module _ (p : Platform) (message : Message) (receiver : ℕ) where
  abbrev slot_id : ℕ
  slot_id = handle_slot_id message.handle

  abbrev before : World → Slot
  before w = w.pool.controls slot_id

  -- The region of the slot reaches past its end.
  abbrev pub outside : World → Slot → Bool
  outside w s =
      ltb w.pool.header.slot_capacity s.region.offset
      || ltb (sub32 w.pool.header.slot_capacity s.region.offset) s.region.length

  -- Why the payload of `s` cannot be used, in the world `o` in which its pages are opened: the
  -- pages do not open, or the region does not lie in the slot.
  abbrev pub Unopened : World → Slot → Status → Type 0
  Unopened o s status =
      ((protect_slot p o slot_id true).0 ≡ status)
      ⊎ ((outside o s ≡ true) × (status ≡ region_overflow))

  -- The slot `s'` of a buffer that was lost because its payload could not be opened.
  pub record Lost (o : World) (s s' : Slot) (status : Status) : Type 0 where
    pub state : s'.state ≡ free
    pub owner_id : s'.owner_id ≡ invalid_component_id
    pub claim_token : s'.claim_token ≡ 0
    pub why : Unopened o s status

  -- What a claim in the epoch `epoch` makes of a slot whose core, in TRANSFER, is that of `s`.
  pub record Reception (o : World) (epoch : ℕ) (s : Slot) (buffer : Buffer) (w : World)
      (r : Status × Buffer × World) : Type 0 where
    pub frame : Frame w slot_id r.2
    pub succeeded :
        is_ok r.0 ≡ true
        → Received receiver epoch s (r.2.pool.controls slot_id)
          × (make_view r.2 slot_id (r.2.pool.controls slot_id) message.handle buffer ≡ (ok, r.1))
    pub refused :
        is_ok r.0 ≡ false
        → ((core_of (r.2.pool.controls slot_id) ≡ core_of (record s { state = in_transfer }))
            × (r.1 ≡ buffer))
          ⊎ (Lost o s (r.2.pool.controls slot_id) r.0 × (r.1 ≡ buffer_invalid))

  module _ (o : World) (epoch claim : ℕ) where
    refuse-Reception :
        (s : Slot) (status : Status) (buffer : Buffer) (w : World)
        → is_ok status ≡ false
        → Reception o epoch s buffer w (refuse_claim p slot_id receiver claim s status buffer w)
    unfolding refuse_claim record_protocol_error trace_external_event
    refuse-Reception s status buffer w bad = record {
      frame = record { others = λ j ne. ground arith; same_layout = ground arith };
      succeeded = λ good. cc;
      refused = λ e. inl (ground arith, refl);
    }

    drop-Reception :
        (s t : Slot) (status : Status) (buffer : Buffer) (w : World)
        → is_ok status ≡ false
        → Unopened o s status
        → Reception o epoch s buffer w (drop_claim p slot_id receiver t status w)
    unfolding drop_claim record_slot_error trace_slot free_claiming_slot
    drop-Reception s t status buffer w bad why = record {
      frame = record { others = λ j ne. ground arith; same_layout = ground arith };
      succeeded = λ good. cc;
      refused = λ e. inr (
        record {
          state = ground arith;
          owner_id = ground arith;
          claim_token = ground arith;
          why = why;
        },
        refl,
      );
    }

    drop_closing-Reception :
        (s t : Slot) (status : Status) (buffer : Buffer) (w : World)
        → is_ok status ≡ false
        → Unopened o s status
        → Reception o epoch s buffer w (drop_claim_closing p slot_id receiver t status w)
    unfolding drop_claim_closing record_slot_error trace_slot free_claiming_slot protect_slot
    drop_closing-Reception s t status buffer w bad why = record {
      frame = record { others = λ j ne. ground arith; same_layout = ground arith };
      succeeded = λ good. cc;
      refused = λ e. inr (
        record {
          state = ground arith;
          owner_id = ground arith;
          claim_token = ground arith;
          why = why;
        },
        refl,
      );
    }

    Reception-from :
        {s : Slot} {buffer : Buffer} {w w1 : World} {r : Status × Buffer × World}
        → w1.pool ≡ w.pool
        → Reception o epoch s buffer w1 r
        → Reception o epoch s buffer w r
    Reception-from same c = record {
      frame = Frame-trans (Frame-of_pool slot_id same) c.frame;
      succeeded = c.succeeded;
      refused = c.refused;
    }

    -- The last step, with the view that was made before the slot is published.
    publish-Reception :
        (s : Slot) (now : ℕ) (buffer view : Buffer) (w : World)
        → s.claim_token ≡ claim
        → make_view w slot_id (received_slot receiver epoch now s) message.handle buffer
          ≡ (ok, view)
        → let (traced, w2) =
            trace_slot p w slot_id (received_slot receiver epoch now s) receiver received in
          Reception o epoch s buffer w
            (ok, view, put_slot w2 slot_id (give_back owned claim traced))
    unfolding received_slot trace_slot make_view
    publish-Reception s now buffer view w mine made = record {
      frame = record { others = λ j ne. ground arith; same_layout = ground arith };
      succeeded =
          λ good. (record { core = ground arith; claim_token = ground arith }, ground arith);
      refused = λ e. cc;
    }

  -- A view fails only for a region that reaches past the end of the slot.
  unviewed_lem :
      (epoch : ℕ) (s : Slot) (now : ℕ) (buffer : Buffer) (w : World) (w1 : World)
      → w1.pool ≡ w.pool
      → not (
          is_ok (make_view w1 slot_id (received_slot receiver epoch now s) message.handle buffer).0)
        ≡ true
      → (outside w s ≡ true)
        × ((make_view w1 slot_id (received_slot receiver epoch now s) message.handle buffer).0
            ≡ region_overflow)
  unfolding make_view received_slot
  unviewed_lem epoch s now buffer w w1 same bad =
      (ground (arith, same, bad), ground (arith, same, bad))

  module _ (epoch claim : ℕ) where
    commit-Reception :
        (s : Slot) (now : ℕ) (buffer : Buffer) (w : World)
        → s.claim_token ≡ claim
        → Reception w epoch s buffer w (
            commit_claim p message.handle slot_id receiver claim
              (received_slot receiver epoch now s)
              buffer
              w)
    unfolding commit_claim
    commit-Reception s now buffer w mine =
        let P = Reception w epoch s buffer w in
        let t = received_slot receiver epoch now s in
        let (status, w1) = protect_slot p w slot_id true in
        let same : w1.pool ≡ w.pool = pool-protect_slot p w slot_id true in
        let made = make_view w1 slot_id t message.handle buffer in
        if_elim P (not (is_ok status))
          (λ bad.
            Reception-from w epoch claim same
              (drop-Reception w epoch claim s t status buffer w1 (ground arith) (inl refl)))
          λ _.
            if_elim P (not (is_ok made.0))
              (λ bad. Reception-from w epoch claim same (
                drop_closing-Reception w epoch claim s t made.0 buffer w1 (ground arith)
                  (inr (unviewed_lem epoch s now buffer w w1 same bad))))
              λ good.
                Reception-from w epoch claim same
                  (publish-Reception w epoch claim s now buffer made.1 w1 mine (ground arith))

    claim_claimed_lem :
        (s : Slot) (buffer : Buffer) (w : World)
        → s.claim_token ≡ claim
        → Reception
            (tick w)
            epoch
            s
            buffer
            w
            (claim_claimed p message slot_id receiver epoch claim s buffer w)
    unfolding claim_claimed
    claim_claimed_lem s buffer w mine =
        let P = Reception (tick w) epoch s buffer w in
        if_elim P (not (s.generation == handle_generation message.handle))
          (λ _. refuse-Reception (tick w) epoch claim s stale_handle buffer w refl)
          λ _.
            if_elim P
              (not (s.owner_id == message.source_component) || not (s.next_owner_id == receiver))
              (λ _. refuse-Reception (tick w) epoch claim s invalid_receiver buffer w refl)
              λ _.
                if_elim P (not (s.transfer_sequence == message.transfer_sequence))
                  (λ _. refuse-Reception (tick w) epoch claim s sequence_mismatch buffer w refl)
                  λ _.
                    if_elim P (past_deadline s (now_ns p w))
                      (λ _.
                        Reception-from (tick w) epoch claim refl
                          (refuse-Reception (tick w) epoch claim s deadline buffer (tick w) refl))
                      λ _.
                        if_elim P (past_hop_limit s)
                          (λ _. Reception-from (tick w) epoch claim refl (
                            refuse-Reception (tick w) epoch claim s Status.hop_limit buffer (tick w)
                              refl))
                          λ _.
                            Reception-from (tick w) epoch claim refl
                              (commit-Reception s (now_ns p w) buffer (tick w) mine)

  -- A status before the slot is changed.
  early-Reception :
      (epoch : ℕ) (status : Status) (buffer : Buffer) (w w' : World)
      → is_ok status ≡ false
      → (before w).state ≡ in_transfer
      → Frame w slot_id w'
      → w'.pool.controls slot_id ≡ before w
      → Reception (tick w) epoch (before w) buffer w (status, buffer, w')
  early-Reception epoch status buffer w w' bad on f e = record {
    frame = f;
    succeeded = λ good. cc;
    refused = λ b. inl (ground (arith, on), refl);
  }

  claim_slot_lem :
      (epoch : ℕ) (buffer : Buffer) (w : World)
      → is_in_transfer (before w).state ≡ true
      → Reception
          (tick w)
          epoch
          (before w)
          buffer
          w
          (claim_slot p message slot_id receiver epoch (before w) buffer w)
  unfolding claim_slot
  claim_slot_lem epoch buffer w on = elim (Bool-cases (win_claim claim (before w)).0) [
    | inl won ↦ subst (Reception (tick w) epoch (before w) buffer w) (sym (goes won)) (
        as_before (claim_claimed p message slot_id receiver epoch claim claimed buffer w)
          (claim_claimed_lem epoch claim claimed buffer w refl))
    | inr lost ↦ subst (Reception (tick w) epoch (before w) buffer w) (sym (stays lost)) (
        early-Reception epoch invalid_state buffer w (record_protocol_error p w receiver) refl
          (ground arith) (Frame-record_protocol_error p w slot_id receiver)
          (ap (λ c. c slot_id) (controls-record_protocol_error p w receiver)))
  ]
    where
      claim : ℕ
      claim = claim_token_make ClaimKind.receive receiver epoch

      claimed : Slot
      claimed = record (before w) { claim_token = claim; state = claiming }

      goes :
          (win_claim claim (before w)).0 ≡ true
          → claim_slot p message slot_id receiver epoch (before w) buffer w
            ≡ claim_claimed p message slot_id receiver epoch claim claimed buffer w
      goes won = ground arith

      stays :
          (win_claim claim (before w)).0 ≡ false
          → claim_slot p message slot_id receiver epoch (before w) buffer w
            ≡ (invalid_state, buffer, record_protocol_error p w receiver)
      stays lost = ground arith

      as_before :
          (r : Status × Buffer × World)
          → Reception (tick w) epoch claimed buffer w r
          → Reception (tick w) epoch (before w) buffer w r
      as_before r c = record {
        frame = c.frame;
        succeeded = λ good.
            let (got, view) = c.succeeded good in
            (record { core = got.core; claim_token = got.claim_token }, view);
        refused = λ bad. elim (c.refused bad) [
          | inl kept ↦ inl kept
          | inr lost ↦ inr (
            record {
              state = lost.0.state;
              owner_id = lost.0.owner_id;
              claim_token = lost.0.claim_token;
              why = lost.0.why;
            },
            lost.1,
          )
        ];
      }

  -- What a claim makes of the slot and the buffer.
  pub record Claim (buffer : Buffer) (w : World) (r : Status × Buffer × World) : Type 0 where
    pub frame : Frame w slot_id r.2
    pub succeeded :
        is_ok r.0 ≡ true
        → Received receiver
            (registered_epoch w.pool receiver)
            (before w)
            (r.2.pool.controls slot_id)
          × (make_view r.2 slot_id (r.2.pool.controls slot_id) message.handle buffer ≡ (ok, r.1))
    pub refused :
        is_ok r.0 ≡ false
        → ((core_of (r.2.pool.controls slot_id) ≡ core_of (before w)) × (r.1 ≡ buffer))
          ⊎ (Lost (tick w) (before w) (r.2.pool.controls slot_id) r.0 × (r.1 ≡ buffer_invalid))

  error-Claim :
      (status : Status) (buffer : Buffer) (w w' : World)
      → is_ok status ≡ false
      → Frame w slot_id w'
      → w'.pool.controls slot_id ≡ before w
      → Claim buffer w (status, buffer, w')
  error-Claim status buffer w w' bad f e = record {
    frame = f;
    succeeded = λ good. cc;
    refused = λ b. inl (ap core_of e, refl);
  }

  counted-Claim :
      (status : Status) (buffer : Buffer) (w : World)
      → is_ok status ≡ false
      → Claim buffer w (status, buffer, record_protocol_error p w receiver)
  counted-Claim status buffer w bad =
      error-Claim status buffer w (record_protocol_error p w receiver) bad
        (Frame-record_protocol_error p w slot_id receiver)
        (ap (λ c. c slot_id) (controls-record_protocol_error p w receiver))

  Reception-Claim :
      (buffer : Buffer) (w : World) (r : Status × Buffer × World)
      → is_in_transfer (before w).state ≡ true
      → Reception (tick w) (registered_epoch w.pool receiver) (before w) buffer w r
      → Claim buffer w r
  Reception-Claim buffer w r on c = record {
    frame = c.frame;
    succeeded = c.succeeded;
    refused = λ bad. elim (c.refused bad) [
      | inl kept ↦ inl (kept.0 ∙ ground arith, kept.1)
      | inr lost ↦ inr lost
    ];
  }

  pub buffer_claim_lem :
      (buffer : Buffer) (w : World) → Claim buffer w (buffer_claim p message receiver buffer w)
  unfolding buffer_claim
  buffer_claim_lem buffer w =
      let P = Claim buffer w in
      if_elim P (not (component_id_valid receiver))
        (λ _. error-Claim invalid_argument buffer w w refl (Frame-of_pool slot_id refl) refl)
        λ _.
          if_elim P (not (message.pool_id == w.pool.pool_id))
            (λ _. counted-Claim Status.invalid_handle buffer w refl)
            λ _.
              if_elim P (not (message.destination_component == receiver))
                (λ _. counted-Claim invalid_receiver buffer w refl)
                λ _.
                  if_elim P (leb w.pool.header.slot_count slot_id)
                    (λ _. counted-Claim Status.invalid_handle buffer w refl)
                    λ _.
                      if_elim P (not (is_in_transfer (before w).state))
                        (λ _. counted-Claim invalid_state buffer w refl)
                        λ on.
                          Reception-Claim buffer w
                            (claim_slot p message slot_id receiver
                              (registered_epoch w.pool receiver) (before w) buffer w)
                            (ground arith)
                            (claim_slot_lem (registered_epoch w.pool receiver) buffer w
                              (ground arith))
##########
AIM OF THE TASK: Quote the listing above from its first line to the line with "ltb w.pool.header.slot_capacity s.region.offset", inclusive, and add nothing.

RESPONSE FOR THIS EXERCISE:
module _ (p : Platform) (message : Message) (receiver : ℕ) where
  abbrev slot_id : ℕ
  slot_id = handle_slot_id message.handle

  abbrev before : World → Slot
  before w = w.pool.controls slot_id

  -- The region of the slot reaches past its end.
  abbrev pub outside : World → Slot → Bool
  outside w s =
      ltb w.pool.header.slot_capacity s.region.offset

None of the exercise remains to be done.